**Your assignment**
Go through the entries below and copy each line that holds the word "antt".

**Records to use**

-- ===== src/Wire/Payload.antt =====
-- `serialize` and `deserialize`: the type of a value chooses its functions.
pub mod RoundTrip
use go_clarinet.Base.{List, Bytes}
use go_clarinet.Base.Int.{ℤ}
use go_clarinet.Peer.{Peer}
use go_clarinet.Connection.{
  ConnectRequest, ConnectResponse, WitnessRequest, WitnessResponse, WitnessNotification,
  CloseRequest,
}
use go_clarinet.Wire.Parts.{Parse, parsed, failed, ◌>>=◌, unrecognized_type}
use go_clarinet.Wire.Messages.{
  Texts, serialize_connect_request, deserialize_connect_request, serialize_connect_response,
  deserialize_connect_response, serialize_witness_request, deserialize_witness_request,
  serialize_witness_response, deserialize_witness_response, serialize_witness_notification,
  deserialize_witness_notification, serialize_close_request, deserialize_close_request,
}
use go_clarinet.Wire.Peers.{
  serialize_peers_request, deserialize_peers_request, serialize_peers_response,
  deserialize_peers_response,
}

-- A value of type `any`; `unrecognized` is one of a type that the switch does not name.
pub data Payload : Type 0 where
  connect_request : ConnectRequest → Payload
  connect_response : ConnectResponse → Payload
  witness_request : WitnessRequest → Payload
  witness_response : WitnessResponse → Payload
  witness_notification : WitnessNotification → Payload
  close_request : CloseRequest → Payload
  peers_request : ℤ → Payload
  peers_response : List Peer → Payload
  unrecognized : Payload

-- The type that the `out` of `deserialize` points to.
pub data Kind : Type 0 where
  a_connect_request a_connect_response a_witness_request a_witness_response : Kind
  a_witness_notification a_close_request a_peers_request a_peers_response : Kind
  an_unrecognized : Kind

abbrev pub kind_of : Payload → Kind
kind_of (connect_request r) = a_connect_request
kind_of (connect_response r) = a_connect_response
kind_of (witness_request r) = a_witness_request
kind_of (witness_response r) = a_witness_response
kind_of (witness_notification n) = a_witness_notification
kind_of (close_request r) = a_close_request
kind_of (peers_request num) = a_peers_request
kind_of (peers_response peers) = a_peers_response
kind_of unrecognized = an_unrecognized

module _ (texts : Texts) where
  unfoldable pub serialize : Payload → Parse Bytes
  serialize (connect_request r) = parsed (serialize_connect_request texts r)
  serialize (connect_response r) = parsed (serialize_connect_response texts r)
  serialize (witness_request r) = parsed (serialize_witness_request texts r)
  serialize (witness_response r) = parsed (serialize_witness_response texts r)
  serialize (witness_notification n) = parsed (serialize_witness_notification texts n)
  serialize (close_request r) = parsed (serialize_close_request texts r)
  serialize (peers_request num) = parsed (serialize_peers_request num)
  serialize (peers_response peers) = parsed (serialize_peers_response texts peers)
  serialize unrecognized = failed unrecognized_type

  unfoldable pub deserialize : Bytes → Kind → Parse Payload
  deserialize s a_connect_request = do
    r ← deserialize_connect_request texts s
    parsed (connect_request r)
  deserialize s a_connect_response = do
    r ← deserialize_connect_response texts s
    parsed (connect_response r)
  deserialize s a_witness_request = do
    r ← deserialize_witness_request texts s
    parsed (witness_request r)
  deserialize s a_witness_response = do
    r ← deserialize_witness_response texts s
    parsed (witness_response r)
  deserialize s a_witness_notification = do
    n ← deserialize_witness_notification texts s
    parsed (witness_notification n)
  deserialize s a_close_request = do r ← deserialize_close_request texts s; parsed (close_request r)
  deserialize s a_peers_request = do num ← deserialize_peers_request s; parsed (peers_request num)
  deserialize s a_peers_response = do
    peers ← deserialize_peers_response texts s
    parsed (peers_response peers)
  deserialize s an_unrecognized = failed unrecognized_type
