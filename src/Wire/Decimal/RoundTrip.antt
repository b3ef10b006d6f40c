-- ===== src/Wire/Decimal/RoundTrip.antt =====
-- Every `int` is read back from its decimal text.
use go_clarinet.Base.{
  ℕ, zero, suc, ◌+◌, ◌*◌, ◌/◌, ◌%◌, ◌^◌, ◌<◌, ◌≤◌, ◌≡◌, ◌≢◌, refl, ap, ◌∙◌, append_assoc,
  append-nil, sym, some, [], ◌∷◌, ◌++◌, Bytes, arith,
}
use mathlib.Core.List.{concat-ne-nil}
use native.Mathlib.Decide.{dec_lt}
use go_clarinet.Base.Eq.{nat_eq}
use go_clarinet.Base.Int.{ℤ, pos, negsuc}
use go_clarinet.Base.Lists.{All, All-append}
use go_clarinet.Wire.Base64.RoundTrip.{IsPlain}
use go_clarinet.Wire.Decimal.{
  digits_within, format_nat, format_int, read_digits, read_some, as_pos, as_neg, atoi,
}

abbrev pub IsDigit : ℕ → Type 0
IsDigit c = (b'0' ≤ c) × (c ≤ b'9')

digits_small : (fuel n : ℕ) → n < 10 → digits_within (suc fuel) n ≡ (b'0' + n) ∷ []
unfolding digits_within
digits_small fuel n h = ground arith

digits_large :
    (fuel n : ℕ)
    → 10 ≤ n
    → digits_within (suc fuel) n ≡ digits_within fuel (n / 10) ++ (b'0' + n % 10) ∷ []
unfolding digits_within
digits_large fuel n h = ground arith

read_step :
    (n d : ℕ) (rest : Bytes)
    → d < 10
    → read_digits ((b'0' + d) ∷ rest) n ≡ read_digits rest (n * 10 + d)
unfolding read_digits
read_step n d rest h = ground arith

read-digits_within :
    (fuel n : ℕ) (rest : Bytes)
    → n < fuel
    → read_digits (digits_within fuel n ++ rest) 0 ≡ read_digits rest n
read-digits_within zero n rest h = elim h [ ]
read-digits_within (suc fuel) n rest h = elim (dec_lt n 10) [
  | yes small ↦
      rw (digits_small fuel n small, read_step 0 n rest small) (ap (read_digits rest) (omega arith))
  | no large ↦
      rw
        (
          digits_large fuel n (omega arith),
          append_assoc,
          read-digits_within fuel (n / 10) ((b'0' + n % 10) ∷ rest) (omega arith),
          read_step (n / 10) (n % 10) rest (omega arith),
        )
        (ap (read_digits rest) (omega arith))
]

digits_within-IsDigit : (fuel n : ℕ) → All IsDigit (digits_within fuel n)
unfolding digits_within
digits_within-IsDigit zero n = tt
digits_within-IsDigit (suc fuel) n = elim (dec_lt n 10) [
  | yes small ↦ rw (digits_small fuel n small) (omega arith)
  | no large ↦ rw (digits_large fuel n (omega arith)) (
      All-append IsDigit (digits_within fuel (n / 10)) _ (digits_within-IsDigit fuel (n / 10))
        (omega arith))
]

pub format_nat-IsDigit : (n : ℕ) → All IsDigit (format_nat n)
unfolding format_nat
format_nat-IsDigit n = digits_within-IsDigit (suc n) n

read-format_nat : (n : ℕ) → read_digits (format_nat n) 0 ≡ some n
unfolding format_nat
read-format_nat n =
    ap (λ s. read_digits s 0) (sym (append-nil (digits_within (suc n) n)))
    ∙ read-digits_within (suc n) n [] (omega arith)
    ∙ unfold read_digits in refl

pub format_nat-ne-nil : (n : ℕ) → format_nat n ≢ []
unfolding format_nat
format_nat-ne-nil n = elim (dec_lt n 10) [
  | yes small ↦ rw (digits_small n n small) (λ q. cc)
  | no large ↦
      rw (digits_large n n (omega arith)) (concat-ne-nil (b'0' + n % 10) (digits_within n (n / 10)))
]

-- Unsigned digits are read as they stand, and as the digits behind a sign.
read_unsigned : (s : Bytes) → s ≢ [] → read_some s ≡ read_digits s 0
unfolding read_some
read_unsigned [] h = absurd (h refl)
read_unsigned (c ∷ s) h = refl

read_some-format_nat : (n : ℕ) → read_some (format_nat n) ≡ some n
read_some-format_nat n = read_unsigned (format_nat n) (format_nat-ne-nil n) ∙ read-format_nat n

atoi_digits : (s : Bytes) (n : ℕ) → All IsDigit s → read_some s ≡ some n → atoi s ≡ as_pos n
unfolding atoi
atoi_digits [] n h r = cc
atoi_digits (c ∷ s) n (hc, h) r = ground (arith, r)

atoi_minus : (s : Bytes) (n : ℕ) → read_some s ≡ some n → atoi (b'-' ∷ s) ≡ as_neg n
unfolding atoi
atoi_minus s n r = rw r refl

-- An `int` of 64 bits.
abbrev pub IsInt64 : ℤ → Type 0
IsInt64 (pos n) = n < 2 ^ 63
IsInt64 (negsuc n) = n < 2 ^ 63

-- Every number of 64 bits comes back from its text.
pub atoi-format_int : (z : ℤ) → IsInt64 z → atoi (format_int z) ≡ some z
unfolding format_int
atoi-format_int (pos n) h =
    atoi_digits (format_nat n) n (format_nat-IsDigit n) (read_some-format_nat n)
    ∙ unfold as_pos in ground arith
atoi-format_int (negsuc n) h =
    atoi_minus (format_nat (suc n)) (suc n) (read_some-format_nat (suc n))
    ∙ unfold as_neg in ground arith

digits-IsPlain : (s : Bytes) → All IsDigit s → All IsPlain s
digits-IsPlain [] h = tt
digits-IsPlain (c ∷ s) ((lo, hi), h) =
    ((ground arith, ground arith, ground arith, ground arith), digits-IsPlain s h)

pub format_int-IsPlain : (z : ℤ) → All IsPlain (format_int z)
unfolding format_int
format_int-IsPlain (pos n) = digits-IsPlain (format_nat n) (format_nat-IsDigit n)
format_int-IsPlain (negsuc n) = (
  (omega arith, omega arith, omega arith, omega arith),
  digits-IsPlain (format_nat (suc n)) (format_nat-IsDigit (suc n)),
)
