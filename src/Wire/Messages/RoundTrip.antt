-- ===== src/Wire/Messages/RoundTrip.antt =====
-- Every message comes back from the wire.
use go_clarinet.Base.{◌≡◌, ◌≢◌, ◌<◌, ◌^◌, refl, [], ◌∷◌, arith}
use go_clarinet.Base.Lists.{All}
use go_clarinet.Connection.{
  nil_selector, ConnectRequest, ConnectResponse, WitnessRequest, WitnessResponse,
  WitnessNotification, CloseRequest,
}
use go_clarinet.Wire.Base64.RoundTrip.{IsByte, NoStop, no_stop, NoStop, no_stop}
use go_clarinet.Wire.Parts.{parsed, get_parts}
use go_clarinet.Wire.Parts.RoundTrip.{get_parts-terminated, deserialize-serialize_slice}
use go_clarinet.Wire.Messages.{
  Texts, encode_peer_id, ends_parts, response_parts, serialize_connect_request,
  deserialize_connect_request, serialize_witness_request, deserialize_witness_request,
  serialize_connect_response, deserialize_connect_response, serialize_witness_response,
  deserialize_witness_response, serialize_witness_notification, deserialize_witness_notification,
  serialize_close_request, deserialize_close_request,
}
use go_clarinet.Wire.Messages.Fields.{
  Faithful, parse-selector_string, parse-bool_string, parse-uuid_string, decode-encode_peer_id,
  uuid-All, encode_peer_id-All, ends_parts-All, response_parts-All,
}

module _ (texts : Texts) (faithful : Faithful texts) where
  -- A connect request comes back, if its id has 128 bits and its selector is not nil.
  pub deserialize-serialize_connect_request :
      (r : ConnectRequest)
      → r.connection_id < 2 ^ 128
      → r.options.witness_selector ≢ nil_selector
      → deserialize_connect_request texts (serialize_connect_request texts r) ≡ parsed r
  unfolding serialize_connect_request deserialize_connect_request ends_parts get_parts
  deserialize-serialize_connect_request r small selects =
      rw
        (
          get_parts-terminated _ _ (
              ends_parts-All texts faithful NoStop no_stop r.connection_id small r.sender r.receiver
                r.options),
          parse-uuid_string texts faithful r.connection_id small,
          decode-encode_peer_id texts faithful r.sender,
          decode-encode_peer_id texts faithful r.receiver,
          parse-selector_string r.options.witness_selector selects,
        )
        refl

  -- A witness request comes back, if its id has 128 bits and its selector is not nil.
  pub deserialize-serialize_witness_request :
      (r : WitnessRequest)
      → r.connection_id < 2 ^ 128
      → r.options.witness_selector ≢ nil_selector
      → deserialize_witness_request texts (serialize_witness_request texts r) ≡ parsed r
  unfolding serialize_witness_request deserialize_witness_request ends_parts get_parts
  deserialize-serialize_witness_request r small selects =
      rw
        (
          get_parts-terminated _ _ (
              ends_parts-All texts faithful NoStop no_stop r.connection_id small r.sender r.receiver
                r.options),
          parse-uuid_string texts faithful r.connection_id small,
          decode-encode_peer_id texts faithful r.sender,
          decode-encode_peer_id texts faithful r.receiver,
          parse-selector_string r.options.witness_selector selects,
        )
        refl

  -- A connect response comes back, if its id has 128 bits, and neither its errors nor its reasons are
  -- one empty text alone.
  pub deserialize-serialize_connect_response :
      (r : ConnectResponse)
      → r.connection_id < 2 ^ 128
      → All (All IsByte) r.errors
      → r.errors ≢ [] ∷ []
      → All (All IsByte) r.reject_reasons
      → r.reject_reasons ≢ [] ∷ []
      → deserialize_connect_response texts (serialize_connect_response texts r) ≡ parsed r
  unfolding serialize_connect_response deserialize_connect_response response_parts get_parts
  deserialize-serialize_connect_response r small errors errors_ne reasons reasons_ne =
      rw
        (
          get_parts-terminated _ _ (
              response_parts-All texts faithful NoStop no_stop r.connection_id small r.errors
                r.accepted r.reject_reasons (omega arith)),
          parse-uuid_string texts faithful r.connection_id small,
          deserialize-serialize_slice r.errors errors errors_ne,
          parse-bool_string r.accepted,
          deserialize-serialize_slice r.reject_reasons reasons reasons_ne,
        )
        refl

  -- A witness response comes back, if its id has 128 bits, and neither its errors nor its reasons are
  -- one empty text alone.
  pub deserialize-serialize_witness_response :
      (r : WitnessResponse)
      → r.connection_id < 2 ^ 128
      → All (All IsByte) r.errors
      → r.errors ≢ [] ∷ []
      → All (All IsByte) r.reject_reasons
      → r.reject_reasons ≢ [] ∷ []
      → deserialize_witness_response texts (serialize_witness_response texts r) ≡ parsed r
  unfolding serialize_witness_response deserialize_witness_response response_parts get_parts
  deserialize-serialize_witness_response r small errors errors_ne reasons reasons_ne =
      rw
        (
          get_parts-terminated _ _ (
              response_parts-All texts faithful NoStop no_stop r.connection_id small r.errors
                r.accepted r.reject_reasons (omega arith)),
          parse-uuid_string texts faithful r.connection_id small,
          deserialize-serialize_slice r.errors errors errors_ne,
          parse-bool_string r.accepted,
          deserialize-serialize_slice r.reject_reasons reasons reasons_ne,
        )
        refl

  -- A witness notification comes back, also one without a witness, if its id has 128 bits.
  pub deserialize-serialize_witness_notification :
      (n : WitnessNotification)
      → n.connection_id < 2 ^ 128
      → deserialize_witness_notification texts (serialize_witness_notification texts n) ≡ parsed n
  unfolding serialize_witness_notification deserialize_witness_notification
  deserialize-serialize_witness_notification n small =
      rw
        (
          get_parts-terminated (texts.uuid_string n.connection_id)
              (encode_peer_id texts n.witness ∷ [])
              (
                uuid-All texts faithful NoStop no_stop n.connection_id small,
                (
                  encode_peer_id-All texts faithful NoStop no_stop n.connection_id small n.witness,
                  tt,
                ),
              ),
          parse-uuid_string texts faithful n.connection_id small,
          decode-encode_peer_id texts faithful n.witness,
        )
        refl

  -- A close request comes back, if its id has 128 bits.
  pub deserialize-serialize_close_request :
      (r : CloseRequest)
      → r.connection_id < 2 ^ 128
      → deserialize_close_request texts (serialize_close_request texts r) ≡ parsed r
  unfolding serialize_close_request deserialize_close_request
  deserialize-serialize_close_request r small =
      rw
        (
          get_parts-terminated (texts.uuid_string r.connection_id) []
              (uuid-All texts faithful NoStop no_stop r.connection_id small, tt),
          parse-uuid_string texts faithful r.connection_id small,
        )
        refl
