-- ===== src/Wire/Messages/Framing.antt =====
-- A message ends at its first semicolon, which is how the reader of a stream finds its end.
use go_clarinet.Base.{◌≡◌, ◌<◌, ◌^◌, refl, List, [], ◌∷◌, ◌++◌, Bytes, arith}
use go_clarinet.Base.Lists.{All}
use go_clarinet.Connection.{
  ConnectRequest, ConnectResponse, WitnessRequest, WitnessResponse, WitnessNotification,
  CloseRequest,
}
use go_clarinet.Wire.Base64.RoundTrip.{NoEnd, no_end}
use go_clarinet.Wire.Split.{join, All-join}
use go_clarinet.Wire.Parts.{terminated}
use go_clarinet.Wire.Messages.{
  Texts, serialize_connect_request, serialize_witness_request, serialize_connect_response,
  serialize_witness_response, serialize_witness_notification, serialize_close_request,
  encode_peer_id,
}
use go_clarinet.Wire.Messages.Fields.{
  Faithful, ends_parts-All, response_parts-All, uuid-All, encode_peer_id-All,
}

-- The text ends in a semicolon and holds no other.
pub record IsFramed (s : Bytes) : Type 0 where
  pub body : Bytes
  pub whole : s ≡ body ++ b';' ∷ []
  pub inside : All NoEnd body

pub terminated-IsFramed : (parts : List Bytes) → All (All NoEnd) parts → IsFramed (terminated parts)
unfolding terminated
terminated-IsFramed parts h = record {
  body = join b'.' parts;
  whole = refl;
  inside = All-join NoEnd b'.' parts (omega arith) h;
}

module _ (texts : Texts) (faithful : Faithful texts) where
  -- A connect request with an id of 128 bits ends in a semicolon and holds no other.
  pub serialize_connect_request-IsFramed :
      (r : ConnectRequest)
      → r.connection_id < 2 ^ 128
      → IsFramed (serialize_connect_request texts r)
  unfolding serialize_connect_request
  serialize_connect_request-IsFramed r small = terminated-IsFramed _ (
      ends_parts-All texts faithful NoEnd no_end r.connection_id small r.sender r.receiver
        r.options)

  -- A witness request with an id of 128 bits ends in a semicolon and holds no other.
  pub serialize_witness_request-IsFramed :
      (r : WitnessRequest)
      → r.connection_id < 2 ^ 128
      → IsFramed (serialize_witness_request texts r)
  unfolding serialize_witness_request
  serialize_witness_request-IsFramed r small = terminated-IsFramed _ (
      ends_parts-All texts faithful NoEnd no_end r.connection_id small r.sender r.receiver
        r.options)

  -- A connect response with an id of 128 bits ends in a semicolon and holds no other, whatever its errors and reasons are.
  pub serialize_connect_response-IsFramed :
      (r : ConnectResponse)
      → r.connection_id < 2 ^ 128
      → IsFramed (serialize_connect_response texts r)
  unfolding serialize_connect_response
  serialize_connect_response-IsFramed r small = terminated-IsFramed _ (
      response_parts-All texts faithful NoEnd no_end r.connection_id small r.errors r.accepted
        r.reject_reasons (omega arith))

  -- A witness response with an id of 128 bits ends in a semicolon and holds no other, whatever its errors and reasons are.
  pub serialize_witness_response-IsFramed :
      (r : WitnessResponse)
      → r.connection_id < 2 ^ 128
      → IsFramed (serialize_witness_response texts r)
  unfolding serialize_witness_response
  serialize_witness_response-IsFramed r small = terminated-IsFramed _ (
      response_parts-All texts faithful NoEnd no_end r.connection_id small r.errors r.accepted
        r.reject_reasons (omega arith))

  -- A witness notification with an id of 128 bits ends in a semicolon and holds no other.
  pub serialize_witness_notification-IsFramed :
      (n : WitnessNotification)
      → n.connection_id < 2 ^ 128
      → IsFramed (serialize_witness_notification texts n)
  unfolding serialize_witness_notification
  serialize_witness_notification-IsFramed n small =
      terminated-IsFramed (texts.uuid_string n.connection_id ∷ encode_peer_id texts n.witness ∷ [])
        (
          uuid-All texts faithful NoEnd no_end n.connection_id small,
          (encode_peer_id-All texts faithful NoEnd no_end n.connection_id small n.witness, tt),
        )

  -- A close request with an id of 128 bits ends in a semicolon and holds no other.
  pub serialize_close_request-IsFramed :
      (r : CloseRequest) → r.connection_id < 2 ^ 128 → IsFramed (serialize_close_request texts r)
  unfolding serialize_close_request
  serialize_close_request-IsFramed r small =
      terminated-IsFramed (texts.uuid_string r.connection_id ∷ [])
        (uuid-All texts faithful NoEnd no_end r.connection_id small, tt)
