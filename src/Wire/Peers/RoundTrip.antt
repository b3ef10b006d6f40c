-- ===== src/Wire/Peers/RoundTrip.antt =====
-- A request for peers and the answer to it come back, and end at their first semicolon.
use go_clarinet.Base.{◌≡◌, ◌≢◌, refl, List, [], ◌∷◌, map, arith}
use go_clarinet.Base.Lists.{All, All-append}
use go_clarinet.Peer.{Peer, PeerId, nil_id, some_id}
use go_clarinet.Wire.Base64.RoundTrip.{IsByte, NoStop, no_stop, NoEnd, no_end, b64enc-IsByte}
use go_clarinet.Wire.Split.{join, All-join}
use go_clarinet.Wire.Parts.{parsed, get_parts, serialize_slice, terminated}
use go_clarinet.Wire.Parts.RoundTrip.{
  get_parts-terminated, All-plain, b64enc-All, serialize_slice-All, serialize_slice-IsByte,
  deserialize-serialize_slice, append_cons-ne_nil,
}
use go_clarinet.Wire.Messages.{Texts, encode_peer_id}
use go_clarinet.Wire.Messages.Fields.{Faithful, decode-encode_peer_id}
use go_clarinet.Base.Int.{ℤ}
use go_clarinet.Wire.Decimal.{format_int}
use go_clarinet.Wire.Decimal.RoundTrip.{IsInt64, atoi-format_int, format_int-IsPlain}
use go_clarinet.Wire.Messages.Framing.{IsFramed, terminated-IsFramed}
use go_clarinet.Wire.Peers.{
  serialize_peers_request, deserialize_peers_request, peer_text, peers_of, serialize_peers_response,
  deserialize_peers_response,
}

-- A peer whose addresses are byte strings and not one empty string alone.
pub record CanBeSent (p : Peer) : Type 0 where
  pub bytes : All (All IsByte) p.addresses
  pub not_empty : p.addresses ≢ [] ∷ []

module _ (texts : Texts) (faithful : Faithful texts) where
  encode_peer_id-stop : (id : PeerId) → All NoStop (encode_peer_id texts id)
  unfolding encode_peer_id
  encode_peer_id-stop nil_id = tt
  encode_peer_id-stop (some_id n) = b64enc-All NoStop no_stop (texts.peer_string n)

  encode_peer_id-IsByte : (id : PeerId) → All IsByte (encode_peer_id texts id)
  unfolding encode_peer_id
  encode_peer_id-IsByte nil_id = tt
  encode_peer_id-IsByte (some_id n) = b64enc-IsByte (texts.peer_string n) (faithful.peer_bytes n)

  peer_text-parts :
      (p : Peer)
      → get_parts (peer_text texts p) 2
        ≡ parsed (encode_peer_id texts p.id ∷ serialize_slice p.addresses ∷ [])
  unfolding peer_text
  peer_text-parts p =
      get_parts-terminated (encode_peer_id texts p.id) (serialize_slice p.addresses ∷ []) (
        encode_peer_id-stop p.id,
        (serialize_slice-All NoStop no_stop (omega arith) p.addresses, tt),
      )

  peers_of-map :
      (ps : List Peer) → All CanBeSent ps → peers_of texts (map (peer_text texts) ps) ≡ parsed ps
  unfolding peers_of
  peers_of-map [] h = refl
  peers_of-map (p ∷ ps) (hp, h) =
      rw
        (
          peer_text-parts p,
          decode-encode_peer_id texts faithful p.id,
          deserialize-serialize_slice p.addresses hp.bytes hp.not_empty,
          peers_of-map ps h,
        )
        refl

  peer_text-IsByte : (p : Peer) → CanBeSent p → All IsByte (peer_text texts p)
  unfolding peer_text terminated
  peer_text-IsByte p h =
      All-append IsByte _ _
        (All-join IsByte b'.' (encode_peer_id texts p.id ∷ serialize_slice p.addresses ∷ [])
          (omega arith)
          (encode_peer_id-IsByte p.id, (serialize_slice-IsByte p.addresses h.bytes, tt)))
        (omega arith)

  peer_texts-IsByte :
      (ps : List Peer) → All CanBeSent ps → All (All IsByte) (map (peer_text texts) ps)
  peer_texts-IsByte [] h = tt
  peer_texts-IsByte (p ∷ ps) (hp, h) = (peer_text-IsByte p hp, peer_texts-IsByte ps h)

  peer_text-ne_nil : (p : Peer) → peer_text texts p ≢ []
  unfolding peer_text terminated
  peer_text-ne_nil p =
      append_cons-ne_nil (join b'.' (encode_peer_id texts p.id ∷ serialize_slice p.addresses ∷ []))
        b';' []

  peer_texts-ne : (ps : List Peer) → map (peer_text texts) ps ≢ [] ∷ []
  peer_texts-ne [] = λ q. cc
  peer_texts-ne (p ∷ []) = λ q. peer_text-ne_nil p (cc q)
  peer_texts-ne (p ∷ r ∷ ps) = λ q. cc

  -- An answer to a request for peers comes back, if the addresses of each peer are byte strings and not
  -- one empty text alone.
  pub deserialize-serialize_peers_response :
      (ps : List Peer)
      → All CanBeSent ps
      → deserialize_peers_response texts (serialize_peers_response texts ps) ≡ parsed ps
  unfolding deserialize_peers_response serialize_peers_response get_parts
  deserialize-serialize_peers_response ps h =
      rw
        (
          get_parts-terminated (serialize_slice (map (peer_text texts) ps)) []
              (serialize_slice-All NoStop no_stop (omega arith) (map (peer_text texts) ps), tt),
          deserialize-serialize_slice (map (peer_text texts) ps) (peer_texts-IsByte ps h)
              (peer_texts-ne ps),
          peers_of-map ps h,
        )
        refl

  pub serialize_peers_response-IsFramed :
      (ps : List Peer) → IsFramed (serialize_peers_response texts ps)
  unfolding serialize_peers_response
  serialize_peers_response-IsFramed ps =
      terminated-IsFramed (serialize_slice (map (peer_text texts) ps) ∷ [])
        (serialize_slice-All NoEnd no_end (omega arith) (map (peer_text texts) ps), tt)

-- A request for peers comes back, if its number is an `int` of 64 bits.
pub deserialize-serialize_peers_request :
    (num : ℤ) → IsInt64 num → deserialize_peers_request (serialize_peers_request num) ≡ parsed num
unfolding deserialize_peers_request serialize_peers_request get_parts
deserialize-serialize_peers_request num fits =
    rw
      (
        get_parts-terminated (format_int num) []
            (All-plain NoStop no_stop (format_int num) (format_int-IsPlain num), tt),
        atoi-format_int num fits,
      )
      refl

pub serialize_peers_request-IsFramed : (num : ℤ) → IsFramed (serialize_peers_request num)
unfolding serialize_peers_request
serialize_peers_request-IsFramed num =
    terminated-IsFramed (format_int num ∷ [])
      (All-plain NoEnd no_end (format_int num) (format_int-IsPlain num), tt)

**Exercise output**
-- ===== src/Wire/Payload.antt =====
filename src/Wire/Decimal/RoundTrip.antt
-- ===== src/Wire/Decimal/RoundTrip.antt =====
filename src/Wire/Messages/RoundTrip.antt
-- ===== src/Wire/Messages/RoundTrip.antt =====
-- ===== src/Wire/Messages/Framing.antt =====
filename src/Wire/Peers/RoundTrip.antt
-- ===== src/Wire/Peers/RoundTrip.antt =====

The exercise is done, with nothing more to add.